First African-Americans in the NBA

What Jackie Robinson did for baseball, breaking the color line, Earl Lloyd did for basketball. After a standout college career at West Virginia State, he joined the NBA in the 1950-51 season, arguably the most famous of the three African-Americans pioneers to do so that season. Lloyd and his two comrades were the first African-Americans in the pro basketball league, and owing to the way the schedules were set up, the first one to step onto to court in the NBA, playing for the Washington Capitals.

On this day, October 31, in 1950, at a time when most of the United States was still widely segregated, when African-Americans had to endure separate public facilities for everything, Earl Lloyd became the first African-American to play in the NBA.

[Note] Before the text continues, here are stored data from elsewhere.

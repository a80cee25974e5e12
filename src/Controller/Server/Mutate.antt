-- ===== src/Controller/Server/Mutate.antt =====
-- The functions that internal/controller/serenedb_controller.go gives to CreateOrUpdate: what it sets on
-- the owned objects and what it leaves to others.
pub mod Laws
use serenedb_operator.Prelude.{
  ℕ, String, Bool, Option, none, some, List, [], ◌∷◌, not, if◌then◌else◌, ◌==ℕ◌, ◌==◌, get_or,
}
use serenedb_operator.Prelude.Dict.{Dict, lookup, insert, copy}
use serenedb_operator.Errors.{Err, Result, ok, err, ◌>>=◌}
use serenedb_operator.Api.Meta.{ObjectMeta}
use serenedb_operator.Api.Core.{
  ConfigMap, Service, ServicePort, StatefulSet, StatefulSetSpec, NetworkPolicy,
}
use serenedb_operator.Api.SereneDb.{SereneDb}
use serenedb_operator.Controller.Kube.{Library}

-- Overlays desired keys onto current, so keys written by other controllers survive.
unfoldable pub merge_maps : Dict String → Dict String → Dict String
merge_maps current desired = copy current desired

-- The map of port names to node ports.
unfoldable pub assigned_ports : Dict ℕ → List ServicePort → Dict ℕ
assigned_ports assigned [] = assigned
assigned_ports assigned (p ∷ ports) = assigned_ports (insert p.name p.node_port assigned) ports

unfoldable pub keep_node_port : Dict ℕ → ServicePort → ServicePort
keep_node_port assigned p =
    if not (p.node_port ==ℕ 0)
    then p
    else record p { node_port = get_or 0 (lookup p.name assigned) }

unfoldable pub keep_node_ports : Dict ℕ → List ServicePort → List ServicePort
keep_node_ports assigned [] = []
keep_node_ports assigned (p ∷ ports) = keep_node_port assigned p ∷ keep_node_ports assigned ports

unfoldable pub keep_assigned_node_ports : (current desired : List ServicePort) → List ServicePort
keep_assigned_node_ports current desired = keep_node_ports (assigned_ports [] current) desired

module _ (lib : Library) (db : SereneDb) where
  -- `controllerutil.SetControllerReference(db, obj, r.Scheme)`
  abbrev owned : ObjectMeta → Result ObjectMeta
  owned m = lib.set_controller_reference db.metadata m

  unfoldable pub mutate_config_map : (desired current : ConfigMap) → Result ConfigMap
  mutate_config_map desired current = do
    let merged = merge_maps current.metadata.labels desired.metadata.labels
    m ← owned (record (current.metadata) { labels = merged })
    ok (record { metadata = m; content = desired.content })

  unfoldable pub mutate_service : (desired current : Service) → Result Service
  mutate_service desired current = do
    let merged = merge_maps current.metadata.labels desired.metadata.labels
    let notes = merge_maps current.metadata.annotations desired.metadata.annotations
    m ← owned (record (current.metadata) { labels = merged; annotations = notes })
    ok (record {
      metadata = m;
      service_type = desired.service_type;
      cluster_ip =
          if current.metadata.resource_version == ""
          then desired.cluster_ip
          else current.cluster_ip;
      ports = keep_assigned_node_ports current.ports desired.ports;
      selector = desired.selector;
      publish_not_ready_addresses = desired.publish_not_ready_addresses;
    })

  -- The claim templates, the selector and the service name of an existing StatefulSet stay.
  unfoldable pub mutate_spec : String → (desired current : StatefulSetSpec) → StatefulSetSpec
  mutate_spec resource_version desired current =
      if resource_version == "" then desired else record current {
        replicas = desired.replicas;
        template = desired.template;
        update_strategy = desired.update_strategy;
        claim_retention = desired.claim_retention;
      }

  unfoldable pub mutate_stateful_set : (desired current : StatefulSet) → Result StatefulSet
  mutate_stateful_set desired current = do
    let merged = merge_maps current.metadata.labels desired.metadata.labels
    m ← owned (record (current.metadata) { labels = merged })
    ok (record current {
      metadata = m;
      spec = mutate_spec current.metadata.resource_version desired.spec current.spec;
    })

  unfoldable pub mutate_network_policy : (desired current : NetworkPolicy) → Result NetworkPolicy
  mutate_network_policy desired current = do
    let merged = merge_maps current.metadata.labels desired.metadata.labels
    m ← owned (record (current.metadata) { labels = merged })
    ok (record desired { metadata = m })
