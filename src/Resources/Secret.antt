-- ===== src/Resources/Secret.antt =====
-- internal/resources/secret.go: the generated password Secret and who owns it.
pub mod Laws
use Prim.Native.String.{char_at, len}
use serenedb_operator.Prelude.{
  ltb, if◌then◌else◌, some, none, Option, ℕ, zero, suc, String, Bool, [], ◌∷◌, ◌==◌, ◌≡◌, refl,
}
use serenedb_operator.Errors.{err, Result, ok, ◌>>=◌}
use serenedb_operator.Api.Meta.{new_meta}
use serenedb_operator.Api.Core.{Secret}
use serenedb_operator.Api.SereneDb.{SereneDb}
use serenedb_operator.Resources.Names.{name, labels, password_key}

abbrev pub password_alphabet : String
password_alphabet = "abcdefghijklmnopqrstuvwxyzABCDEFGHIJKLMNOPQRSTUVWXYZ0123456789"

abbrev pub password_length : ℕ
password_length = 24

alphabet_size : len password_alphabet ≡ 62
alphabet_size = refl

-- The byte `passwordAlphabet[n]` before the others; `none` is the panic of an index out of range.
abbrev with_byte : ℕ → Option (Result String) → Option (Result String)
with_byte n none = none
with_byte n (some rest) =
    if ltb n (len password_alphabet)
    then some (do s ← rest; ok (String.◌∷◌ (char_at password_alphabet n) s))
    else none

-- One round, behind its draw; `rest` is what the later rounds give.
abbrev after_draw : Result ℕ → Option (Result String) → Option (Result String)
after_draw (err e) rest = some (err e)
after_draw (ok n) rest = with_byte n rest

-- The loop of `randomPassword` over the bytes that are left; `rand k` is the answer of
-- `rand.Int(rand.Reader, max)` in the round that leaves `k` bytes.
unfoldable pub random_bytes : (ℕ → Result ℕ) → ℕ → Option (Result String)
random_bytes rand zero = some (ok "")
random_bytes rand (suc k) = after_draw (rand k) (random_bytes rand k)

unfoldable pub random_password : (ℕ → Result ℕ) → Option (Result String)
unfolding random_bytes
random_password rand = random_bytes rand password_length

abbrev secret_with : SereneDb → Option (Result String) → Option (Result Secret)
secret_with db none = none
secret_with db (some generated) = some (do
  password ← generated
  ok (record {
    metadata = new_meta (name db) db.metadata.namespace (labels db);
    secret_type = "Opaque";
    content = (password_key db, password) ∷ [];
  }))

unfoldable pub generated_secret : (ℕ → Result ℕ) → SereneDb → Option (Result Secret)
generated_secret rand db = secret_with db (random_password rand)

-- The password is only honoured on first boot, so it must outlive the SereneDB whenever the data
-- volume does.
unfoldable pub secret_owned_by_database : SereneDb → Bool
secret_owned_by_database db = db.spec.persistence.retention_policy.when_deleted == "Delete"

Ironically, Lloyd’s fellow players, both on his team and on opposing teams, were far and away more accepting than the fans. There were fights amongst players, he recalled, but those were never about race. The fans, on the other hand, particularly in the away games in the championship series against Indiana, were quite abusive. Lloyd remembered them raining down racial epithets and telling him to “go back to Africa.” Lloyd took it all in stride. “My philosophy was if they weren’t calling you names, you weren’t doing anything,” he said in an later interview. “You made sure they were calling you names, if you could. If they were calling you names, you were hurting them.”